27 thoughts on “Alfred Hitchcock presenta: LOS TRES INVESTIGADORES

  • Saludos
    Menudos recuerdos me traen estas novelas. Te hacían soñar. ¿A que te imaginabas a tí mismo de jarana con ellos?
    Hoy nos pueden parecer las tramas muy ingenuas pero ¿qué le vamos a hacer?
    Si en un castillo se hablara de fantasmas eso garantizaría una invasión del mismo en lugar de alejar a curiosos. Seguro que el Penumbra de turno llevaría a las agencias de inmediato.
    Yo me he leido las 43 primeras y 2 de las de “Los Tres Investigadores necesitan tu ayuda”. Modestia aparte sólo era necesario emplear la lógica y los recuerdos. Si a Pete le ponía nervioso algo era la buena pista y cosas así.
    Tengo la impresión de que disfrutaste con ellas lo indecible, de lo contrario ni recordarias tantos detalles ni gastarias energías en redactar estas líneas.
    Discrepo contigo en la valoración de una que consideras de las peores. No entraré en ello. Para qué, esta es tu página y tus gustos los respeto. Pero recuerda que siempre habrá alguien que aprecie lo que tu machacas.
    No te tomes esto a mal. Cualquiera que redacte una ficha así cuenta con mi total simpatía, aunque no esté de acuerdo con ciertas cosas que has dicho en otras.
    Un abrazo

  • Buenas noches.
    Ya ves, soy un trasnochador al que le apetece añadir algo a un artículo que le ha emocionado.
    Mi nostalgia se dispara ante estos libros. Lo primero que compré con dinero ganado por mí (sin estar afiliado aún a la Seguridad Social, naturalmente) fue “Misterio de la casa que se encogía”. Ciertamente el diseño de la portada no tenía nada que ver con la trama, pero era de lo más emocionante.
    De las 43 novelas originales conservo en casa una buena cantidad y el resto fueron de biblioteca pública.
    Cuando las lees en los últimos años de la EGB, aunque ya conozcas a Agatha Christhie, Conan Doyle e incluso Allan Poe, te llegan hasta lo más profundo y en algún rincón dejan un poso. Al menos en mi caso.
    Y fuimos afortunados los de nuestra generación. Ibas a la sección correspondiente del Pryca y veías los títulos alineados, al igual que los de Los Cinco de Enid Blyton, Resuelve el Misterio, Elige tu propia aventura, La máquina del tiempo. Hoy no se encuentra en Carrefour ni a Uderzo o Hergé, te toca ir a la FNAC.
    No se los demás pero para mí siempre fue un placer releer la explicación final de todo el tinglado. Qué truco se empleaba para lograr ver al fantasma, por qué se había escapado el gorila de su jaula o qué pintaba un pájaro en todo el meollo.
    Los argumentos nunca me parecieron reiterativos aunque muchos elementos se repitieran por sistema.
    Con todo creo que eran más originales argumentalmente que las de Los Cinco. En mi opinión Enyd escribió 21 veces la misma novela.
    Con todo qué emoción recordarlas. Me cuesta decir lo anterior, ya que Dick y Anne por sí mismos hacen que cuando veo algún britano no intente vengar en su cabeza el saqueo de Badajoz o las andanzas de Dracke.
    Pero volviendo al tema. Celebro que alguien las recuerde y dé la oportunidad de añadir nuestras propias paridas.

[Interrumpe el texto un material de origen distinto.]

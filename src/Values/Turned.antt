-- ===== src/Values/Turned.antt =====
-- The comparisons of numbers, bytes, texts and elements when the operands change places.
use corto.Base.{ℕ, ◌≡◌, ◌≢◌, refl, ap, ◌∙◌, Option, none, some, List, [], ◌∷◌, Text, arith}
use corto.Base.Int.{ℤ}
use corto.Values.{
  Comparison, eq, lt, gt, neq, Shape, sign, and_then, compare_collection, compare_shapes,
  compare_each, compare_lists, compare_number, compare_bytes, compare_text,
}

abbrev pub mirror : Comparison → Comparison
mirror eq = eq
mirror lt = gt
mirror gt = lt
mirror neq = neq

pub number_mirror : (a b : ℤ) → compare_number b a ≡ mirror (compare_number a b)
unfolding compare_number
number_mirror a b = ground arith

pub bytes_mirror : (a b : List ℕ) → compare_bytes b a ≡ mirror (compare_bytes a b)
unfolding compare_bytes
bytes_mirror [] [] = refl
bytes_mirror [] (d ∷ ds) = refl
bytes_mirror (c ∷ cs) [] = refl
bytes_mirror (c ∷ cs) (d ∷ ds) = ground (arith, bytes_mirror cs ds)

pub text_mirror : (a b : Option (ℕ × Text)) → compare_text b a ≡ mirror (compare_text a b)
unfolding compare_text
text_mirror none none = refl
text_mirror none (some b) = refl
text_mirror (some a) none = refl
text_mirror (some (p, a)) (some (q, b)) = bytes_mirror a b

pub and_then-mirror : (x y : Comparison) → and_then (mirror x) (mirror y) ≡ mirror (and_then x y)
and_then-mirror eq y = refl
and_then-mirror lt y = refl
and_then-mirror gt y = refl
and_then-mirror neq y = refl

sign-mirror : (x : Comparison) → x ≢ neq → sign (mirror x) ≡ mirror (sign x)
sign-mirror eq h = refl
sign-mirror lt h = refl
sign-mirror gt h = refl
sign-mirror neq h = absurd (h refl)

pub and_then-never : (x y : Comparison) → x ≢ neq → y ≢ neq → and_then x y ≢ neq
and_then-never eq y h k = k
and_then-never lt y h k = cc
and_then-never gt y h k = cc
and_then-never neq y h k = λ _. h refl

pub bytes_never : (a b : List ℕ) → compare_bytes a b ≢ neq
unfolding compare_bytes
bytes_never [] [] e = cc
bytes_never [] (d ∷ ds) e = cc
bytes_never (c ∷ cs) [] e = cc
bytes_never (c ∷ cs) (d ∷ ds) e = ground (arith, bytes_never cs ds)

module _ {A : Type 0} (compare : A → A → Comparison) (bytes : A → List ℕ) where
  each_mirror :
      ((x y : A) → compare y x ≡ mirror (compare x y))
      → (xs ys : List A)
      → compare_each compare bytes ys xs ≡ mirror (compare_each compare bytes xs ys)
  unfolding compare_each
  each_mirror m [] [] = refl
  each_mirror m [] (y ∷ ys) = refl
  each_mirror m (x ∷ xs) [] = refl
  each_mirror m (x ∷ xs) (y ∷ ys) =
      rw (m x y, each_mirror m xs ys)
        (and_then-mirror (compare x y) (compare_each compare bytes xs ys))

  each_never :
      ((x y : A) → compare x y ≢ neq) → (xs ys : List A) → compare_each compare bytes xs ys ≢ neq
  unfolding compare_each
  each_never h [] ys = cc
  each_never h (x ∷ xs) [] = cc
  each_never h (x ∷ xs) (y ∷ ys) =
      and_then-never (compare x y) (compare_each compare bytes xs ys) (h x y) (each_never h xs ys)

  pub lists_mirror :
      ((x y : A) → compare y x ≡ mirror (compare x y))
      → (a b : ℕ) (xs ys : List A)
      → compare_lists compare bytes (b, ys) (a, xs)
        ≡ mirror (compare_lists compare bytes (a, xs) (b, ys))
  unfolding compare_lists
  lists_mirror m a b xs ys = ground (arith, each_mirror m xs ys)

  pub lists_never :
      ((x y : A) → compare x y ≢ neq)
      → (a b : ℕ) (xs ys : List A) → compare_lists compare bytes (a, xs) (b, ys) ≢ neq
  unfolding compare_lists
  lists_never h a b xs ys e = ground (arith, each_never h xs ys)

  -- Collections change places if their comparison of elements does, which lists only ask for.
  pub collection_mirror :
      (s : Shape) (a b : ℕ) (xs ys : List A)
      → compare_shapes compare bytes s s (a, xs) (b, ys) ≢ neq
      → compare_shapes compare bytes s s (b, ys) (a, xs)
        ≡ mirror (compare_shapes compare bytes s s (a, xs) (b, ys))
      → compare_collection compare bytes s s (b, ys) (a, xs)
        ≡ mirror (compare_collection compare bytes s s (a, xs) (b, ys))
  unfolding compare_collection
  collection_mirror s a b xs ys h m =
      let turned : sign (compare_shapes compare bytes s s (b, ys) (a, xs))
          ≡ mirror (sign (compare_shapes compare bytes s s (a, xs) (b, ys))) =
        ap sign m ∙ sign-mirror (compare_shapes compare bytes s s (a, xs) (b, ys)) h in
      ground arith

  pub collection_never :
      (s : Shape) (a b : ℕ) (xs ys : List A)
      → compare_collection compare bytes s s (a, xs) (b, ys) ≢ neq
  unfolding compare_collection
  collection_never s a b xs ys e =
      ground (arith, sign-never (compare_shapes compare bytes s s (a, xs) (b, ys)))
    where
      sign-never : (x : Comparison) → sign x ≢ neq
      sign-never eq = λ k. cc
      sign-never lt = λ k. cc
      sign-never gt = λ k. cc
      sign-never neq = λ k. cc
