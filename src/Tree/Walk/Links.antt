-- ===== src/Tree/Walk/Links.antt =====
-- The links of the node array lead upwards, so that every walk ends.
use okscada.Prelude.{
  ℕ, zero, suc, ◌+◌, ◌<◌, ◌≡◌, refl, ◌≢◌, ◌⊎◌, inl, inr, List, length, get_or, some, arith,
}
use okscada.Tree.Walk.{TreeNode, node, branch, walk, lost, found, nlinks}

-- A link is null, or leads to a node of the array above its own.
abbrev pub IsUp : List TreeNode → ℕ → ℕ → Type 0
IsUp e i j = (j ≡ 0) ⊎ ((i < j) × (j < length e))

pub record LinksUp (e : List TreeNode) : Type 0 where
  pub nonempty : 0 < length e
  pub up : (i k : ℕ) → 0 < i → i < length e → k < nlinks → IsUp e i (get_or (node e i).link k 0)
  pub four : (i : ℕ) → 0 < i → i < length e → length (node e i).link ≡ nlinks

-- Index `i` is null or a node, and the fuel lasts from there to the end of the array.
abbrev pub HasFuel : ℕ → List TreeNode → ℕ → Type 0
HasFuel fuel e i = ((i ≡ 0) × (0 < fuel)) ⊎ ((0 < i) × (i < length e) × (length e < fuel + i))

pub HasFuel-root :
    (e : List TreeNode) (i : ℕ) → 0 < length e → i < length e → HasFuel (length e) e i
HasFuel-root e zero h l = inl (refl, h)
HasFuel-root e (suc i) h l = inr (omega arith, l, omega arith)

module _ (probe : ℕ → ℕ → ℕ) (e : List TreeNode) (up : LinksUp e) where
  pub next-HasFuel :
      (fuel i : ℕ)
      → i ≢ 0
      → HasFuel (suc fuel) e i
      → HasFuel fuel e (get_or (node e i).link (branch probe (node e i)) 0)
  next-HasFuel fuel i nz (inl (z, h)) = absurd (nz z)
  next-HasFuel fuel i nz (inr (pos, l, h)) =
      elim (up.up i (branch probe (node e i)) pos l (omega arith)) [
        | inl z ↦ inl (z, omega arith)
        | inr (a, b) ↦ inr (omega arith, b, omega arith)
      ]

  -- Fuel for the length of the array is enough.
  pub walk-ne-lost :
      (fuel i pno k lev : ℕ) → HasFuel fuel e i → walk probe fuel e i pno k lev ≢ lost
  unfolding walk
  walk-ne-lost zero i pno k lev h = ground arith
  walk-ne-lost (suc fuel) i pno k lev h = ground (
    arith,
    next-HasFuel fuel i,
    walk-ne-lost fuel (get_or (node e i).link (branch probe (node e i)) 0) i
        (branch probe (node e i)) (lev + 1),
  )

  -- A walk that finds a node ends at a node of the array that matches.
  pub walk-Matches :
      (fuel i pno k lev j : ℕ)
      → HasFuel fuel e i
      → found (walk probe fuel e i pno k lev) ≡ some j
      → (0 < j) × (j < length e) × (probe (node e j).key (node e j).len ≡ 0)
  unfolding walk
  walk-Matches zero i pno k lev j h w = absurd (omega arith)
  walk-Matches (suc fuel) i pno k lev j (inl (z, h)) w = ground arith
  walk-Matches (suc fuel) i pno k lev j (inr (pos, l, h)) w = ground (
    arith,
    walk-Matches fuel (get_or (node e i).link (branch probe (node e i)) 0) i
        (branch probe (node e i)) (lev + 1) j (next-HasFuel fuel i (omega arith) (inr (pos, l, h))),
  )

-- Two comparisons that agree on the nodes of the array make the same walk.
pub walk-agree :
    (p q : ℕ → ℕ → ℕ) (e : List TreeNode)
    → LinksUp e
    → ((i : ℕ)
        → 0 < i
        → i < length e
        → p (node e i).key (node e i).len ≡ q (node e i).key (node e i).len)
    → (fuel i a b c : ℕ) → HasFuel fuel e i
    → walk p fuel e i a b c ≡ walk q fuel e i a b c
unfolding walk
walk-agree p q e up same zero i a b c h = refl
walk-agree p q e up same (suc fuel) i a b c (inl (z, h)) = ground arith
walk-agree p q e up same (suc fuel) i a b c (inr (pos, l, h)) = ground (
  arith,
  same i pos l,
  walk-agree p q e up same fuel (get_or (node e i).link (branch q (node e i)) 0) i
      (branch q (node e i)) (c + 1) (next-HasFuel q e up fuel i (omega arith) (inr (pos, l, h))),
)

  • Es que donde vamos a parar.. mucho mejores que los 5, o los 6 o los 7 y la abuela. Yo como gordito, ejem, inteligente tenía como heroe a Jupiter. Muy bueno el detalle de las entradas a la caravana del patio salvaje. Ni me acordaba…

  • Snif, qué recuerdos. De pequeño me encantaban estos libros, seguro que si me leyera alguno ahora me echaría a reir.
    Sólo te ha faltado hablar de Skinny Norris, buen resumen por cierto.

  • A mi me traen muchos, pero que muchos recuerdos…Por cierto, se pueden comprar estos libros??..sabeis de alguna libreria que los tenga?
    Grache

  • Qué va, como no los encuentres de saldo en algún sitio de libros viejos… Ya he mirado yo en el Rastro incluso, y nada. Y es una pena, porque me gustaría completar la colección.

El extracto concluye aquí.